[Saved entries]
....

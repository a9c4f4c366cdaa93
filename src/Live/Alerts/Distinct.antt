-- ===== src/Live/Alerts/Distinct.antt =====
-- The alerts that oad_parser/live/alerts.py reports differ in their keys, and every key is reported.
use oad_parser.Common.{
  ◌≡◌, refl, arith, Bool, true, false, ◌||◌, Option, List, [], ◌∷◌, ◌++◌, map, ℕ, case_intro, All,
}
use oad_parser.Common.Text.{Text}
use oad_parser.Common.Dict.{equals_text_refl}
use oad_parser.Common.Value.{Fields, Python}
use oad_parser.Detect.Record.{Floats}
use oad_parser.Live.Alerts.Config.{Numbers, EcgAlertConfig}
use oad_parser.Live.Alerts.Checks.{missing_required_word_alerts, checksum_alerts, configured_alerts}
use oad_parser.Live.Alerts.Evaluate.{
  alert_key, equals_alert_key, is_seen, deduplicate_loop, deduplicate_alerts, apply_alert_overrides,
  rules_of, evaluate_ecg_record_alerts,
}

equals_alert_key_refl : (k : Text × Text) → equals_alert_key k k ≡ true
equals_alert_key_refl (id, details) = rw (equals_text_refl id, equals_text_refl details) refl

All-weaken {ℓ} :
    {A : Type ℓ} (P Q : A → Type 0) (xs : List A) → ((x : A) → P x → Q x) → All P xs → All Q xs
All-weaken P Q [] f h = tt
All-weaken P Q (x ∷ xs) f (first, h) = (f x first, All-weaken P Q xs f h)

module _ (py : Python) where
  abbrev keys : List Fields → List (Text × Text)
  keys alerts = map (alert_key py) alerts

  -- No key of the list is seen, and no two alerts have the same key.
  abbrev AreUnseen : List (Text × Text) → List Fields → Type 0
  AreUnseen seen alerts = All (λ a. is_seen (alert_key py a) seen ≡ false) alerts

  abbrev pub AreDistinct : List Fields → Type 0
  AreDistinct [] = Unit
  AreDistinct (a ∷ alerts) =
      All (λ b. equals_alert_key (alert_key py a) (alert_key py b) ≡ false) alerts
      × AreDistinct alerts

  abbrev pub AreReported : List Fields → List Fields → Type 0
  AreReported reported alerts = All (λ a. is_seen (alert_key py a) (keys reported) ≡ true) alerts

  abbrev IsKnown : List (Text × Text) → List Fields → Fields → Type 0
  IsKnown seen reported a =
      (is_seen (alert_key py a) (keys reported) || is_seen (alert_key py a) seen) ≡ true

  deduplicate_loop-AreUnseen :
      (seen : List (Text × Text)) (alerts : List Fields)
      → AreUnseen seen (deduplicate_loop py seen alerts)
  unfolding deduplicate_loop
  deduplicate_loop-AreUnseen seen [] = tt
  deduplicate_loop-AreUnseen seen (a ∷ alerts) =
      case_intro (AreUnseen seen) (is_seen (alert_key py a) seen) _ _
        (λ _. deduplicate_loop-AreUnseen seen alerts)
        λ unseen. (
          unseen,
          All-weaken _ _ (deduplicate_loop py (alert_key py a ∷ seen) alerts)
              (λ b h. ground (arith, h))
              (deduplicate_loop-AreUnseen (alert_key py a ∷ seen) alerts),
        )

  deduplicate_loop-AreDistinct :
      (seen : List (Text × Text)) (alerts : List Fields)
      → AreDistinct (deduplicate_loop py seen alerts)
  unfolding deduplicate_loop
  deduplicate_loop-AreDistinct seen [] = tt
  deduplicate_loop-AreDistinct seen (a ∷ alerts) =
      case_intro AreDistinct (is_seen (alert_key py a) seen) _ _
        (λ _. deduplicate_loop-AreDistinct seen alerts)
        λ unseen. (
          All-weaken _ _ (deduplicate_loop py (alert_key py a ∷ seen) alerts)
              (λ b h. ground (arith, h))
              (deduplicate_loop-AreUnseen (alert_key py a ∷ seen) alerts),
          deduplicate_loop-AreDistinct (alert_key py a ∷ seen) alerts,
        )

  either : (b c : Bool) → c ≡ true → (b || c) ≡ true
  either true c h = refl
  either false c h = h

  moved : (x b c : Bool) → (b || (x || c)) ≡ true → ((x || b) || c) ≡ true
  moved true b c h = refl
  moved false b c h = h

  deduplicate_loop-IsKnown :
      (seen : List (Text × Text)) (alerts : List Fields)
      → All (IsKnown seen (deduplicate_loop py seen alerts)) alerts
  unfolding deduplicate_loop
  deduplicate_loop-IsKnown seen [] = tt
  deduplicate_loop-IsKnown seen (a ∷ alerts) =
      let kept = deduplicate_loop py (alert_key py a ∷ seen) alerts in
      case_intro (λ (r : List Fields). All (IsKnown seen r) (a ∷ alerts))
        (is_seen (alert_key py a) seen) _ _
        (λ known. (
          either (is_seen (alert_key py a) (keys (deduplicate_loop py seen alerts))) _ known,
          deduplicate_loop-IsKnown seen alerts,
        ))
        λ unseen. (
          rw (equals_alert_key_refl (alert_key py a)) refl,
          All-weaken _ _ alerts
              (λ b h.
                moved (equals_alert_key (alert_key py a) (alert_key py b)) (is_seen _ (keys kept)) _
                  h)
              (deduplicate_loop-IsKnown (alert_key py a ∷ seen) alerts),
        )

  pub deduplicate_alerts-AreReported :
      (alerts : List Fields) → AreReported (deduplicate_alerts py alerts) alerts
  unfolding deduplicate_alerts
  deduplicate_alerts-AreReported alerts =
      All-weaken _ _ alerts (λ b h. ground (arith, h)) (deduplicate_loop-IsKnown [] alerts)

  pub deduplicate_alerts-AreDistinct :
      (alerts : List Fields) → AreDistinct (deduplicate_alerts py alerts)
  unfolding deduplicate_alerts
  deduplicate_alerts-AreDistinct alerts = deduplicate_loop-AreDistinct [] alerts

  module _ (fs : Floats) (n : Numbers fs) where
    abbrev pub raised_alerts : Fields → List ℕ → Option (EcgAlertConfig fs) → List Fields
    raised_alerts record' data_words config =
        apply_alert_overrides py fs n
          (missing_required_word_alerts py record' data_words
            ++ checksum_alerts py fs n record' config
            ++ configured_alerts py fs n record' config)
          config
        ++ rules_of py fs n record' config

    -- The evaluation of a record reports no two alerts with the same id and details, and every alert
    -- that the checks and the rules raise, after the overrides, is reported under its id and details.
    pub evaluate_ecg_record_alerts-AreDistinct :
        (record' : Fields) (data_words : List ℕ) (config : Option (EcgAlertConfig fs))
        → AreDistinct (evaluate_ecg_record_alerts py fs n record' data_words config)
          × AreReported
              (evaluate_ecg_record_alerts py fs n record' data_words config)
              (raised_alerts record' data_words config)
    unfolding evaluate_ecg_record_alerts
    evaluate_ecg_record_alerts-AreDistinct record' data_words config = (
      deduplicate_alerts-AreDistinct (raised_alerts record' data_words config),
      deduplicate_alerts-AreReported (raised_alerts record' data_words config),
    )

....

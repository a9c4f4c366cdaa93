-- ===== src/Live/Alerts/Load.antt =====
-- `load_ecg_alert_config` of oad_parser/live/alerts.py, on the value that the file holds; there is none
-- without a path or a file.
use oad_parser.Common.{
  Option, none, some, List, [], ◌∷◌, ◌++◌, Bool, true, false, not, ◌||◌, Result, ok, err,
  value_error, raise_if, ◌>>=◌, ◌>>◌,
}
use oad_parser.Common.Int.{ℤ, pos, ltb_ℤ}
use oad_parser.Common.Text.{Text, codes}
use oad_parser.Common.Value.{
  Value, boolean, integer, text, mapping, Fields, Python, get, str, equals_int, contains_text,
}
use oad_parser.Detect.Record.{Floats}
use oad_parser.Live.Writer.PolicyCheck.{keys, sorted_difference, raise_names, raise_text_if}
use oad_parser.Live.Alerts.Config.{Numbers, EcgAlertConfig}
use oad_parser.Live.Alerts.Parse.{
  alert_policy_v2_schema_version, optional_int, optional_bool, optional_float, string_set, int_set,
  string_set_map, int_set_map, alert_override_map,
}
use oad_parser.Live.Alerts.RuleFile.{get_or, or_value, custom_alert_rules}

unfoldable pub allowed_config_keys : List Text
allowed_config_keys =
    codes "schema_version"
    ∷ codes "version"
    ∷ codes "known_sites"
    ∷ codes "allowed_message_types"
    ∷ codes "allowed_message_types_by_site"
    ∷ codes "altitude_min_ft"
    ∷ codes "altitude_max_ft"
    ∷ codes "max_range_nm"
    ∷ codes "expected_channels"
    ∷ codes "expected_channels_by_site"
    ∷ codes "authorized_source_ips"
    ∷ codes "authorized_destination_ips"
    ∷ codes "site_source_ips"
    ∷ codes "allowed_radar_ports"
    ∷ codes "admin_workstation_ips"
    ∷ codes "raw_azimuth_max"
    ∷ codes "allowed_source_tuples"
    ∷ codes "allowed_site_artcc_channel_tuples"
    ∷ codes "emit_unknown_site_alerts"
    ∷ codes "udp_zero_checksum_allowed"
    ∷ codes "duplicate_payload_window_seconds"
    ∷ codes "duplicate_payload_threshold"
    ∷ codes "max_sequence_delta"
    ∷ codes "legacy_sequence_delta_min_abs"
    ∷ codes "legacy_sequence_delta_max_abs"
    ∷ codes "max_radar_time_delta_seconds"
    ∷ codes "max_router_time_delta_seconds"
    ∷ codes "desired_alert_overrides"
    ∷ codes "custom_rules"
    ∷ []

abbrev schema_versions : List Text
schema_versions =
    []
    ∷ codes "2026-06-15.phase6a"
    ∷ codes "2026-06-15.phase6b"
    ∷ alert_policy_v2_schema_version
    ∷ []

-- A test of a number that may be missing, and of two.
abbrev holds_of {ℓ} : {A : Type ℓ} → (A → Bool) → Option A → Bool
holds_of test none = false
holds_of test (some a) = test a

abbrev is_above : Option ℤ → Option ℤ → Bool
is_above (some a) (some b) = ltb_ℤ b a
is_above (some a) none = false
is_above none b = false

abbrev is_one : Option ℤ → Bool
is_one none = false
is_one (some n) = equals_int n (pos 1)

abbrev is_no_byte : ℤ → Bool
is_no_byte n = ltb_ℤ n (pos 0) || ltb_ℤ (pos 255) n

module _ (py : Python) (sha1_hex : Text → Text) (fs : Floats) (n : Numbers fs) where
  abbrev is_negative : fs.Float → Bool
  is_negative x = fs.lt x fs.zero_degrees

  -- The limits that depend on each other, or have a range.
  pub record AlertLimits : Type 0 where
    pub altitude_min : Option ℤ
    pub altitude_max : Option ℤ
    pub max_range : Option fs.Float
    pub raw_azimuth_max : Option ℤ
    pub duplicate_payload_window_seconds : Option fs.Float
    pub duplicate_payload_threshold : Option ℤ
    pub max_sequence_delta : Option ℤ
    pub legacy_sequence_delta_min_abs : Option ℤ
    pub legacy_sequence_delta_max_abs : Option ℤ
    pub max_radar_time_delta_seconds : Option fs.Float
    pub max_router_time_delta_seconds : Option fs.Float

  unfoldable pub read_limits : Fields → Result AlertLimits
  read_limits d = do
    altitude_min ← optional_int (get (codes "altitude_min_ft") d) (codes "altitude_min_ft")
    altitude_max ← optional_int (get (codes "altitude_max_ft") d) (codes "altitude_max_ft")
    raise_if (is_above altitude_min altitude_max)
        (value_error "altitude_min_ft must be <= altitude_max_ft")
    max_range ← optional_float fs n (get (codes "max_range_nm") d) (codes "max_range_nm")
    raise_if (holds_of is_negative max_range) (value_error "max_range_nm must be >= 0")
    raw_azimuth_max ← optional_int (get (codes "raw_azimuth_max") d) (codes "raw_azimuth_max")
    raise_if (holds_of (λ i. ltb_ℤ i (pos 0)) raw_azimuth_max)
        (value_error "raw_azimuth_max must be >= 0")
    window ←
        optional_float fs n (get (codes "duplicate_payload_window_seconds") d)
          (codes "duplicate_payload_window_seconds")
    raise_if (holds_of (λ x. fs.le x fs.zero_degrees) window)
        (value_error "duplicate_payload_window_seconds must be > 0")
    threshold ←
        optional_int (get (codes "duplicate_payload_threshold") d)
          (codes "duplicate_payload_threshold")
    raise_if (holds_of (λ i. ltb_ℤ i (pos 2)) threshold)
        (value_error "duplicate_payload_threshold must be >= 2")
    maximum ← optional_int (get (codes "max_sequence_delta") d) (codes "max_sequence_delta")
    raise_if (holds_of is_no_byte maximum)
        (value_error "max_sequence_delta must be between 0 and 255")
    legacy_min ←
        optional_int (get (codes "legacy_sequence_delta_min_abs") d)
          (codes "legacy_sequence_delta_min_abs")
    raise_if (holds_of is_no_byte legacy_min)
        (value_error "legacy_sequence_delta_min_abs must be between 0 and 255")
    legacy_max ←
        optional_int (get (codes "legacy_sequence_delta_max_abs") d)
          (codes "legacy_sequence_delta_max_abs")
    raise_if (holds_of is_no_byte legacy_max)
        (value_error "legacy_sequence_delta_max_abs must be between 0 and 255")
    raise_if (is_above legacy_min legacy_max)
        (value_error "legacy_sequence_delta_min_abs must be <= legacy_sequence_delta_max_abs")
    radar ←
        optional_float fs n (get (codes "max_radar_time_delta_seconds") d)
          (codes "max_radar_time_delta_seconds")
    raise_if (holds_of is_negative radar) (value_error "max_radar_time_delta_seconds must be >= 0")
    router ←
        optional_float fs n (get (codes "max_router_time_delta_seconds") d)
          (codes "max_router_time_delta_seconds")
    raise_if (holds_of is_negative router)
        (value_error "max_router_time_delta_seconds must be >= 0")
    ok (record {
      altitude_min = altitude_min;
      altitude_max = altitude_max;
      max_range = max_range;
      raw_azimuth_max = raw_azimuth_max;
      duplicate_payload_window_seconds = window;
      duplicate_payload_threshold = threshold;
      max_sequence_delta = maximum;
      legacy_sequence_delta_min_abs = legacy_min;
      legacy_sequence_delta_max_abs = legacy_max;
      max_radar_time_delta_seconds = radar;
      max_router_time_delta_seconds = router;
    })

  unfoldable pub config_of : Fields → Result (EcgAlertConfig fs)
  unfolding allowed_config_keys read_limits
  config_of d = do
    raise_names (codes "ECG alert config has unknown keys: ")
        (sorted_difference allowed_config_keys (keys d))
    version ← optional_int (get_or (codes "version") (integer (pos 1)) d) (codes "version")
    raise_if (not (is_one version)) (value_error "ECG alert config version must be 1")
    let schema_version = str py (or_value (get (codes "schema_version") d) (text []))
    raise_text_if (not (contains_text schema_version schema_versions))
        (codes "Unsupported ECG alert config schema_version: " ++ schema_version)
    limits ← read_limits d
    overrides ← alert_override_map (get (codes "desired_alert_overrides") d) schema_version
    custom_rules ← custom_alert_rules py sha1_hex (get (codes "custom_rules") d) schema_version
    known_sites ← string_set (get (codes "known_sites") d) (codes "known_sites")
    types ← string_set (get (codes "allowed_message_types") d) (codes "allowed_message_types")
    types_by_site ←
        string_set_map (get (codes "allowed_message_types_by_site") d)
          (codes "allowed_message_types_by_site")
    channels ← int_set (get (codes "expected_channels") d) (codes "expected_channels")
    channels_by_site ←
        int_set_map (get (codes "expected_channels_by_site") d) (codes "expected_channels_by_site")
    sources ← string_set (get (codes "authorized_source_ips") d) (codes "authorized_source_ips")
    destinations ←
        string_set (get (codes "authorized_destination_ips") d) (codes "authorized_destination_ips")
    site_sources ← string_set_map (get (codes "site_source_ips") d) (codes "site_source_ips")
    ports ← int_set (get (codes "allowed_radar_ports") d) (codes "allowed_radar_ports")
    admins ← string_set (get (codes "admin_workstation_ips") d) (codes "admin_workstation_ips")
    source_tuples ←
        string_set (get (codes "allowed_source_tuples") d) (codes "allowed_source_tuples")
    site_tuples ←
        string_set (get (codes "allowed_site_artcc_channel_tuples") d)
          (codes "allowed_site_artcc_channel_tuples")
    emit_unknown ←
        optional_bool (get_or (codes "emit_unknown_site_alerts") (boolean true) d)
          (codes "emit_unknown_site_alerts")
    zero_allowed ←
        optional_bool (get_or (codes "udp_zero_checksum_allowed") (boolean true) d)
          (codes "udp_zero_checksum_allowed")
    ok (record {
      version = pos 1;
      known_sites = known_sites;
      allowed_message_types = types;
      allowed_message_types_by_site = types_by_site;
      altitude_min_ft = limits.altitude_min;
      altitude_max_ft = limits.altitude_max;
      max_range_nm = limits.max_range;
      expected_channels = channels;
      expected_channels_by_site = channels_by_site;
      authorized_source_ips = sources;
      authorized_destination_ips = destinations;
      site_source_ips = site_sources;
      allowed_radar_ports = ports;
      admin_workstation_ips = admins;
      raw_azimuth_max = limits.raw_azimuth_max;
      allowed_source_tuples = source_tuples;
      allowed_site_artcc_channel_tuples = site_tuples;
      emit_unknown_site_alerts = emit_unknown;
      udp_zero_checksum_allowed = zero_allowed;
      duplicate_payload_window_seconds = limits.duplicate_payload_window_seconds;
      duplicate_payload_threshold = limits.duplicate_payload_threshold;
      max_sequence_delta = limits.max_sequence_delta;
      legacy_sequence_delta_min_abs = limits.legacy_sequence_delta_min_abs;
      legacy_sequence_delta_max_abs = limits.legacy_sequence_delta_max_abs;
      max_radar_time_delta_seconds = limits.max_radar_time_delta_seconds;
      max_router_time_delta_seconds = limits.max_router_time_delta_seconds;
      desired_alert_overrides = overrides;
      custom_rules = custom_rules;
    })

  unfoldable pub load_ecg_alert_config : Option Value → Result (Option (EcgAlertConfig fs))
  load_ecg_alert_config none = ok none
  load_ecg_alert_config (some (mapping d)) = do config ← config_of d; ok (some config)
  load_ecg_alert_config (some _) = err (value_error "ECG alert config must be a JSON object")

....

### Action item
The expected output is each line of the records above that includes the word "either".

### Written solution
  either : (b c : Bool) → c ≡ true → (b || c) ≡ true
  either true c h = refl
  either false c h = h
          either (is_seen (alert_key py a) (keys (deduplicate_loop py seen alerts))) _ known,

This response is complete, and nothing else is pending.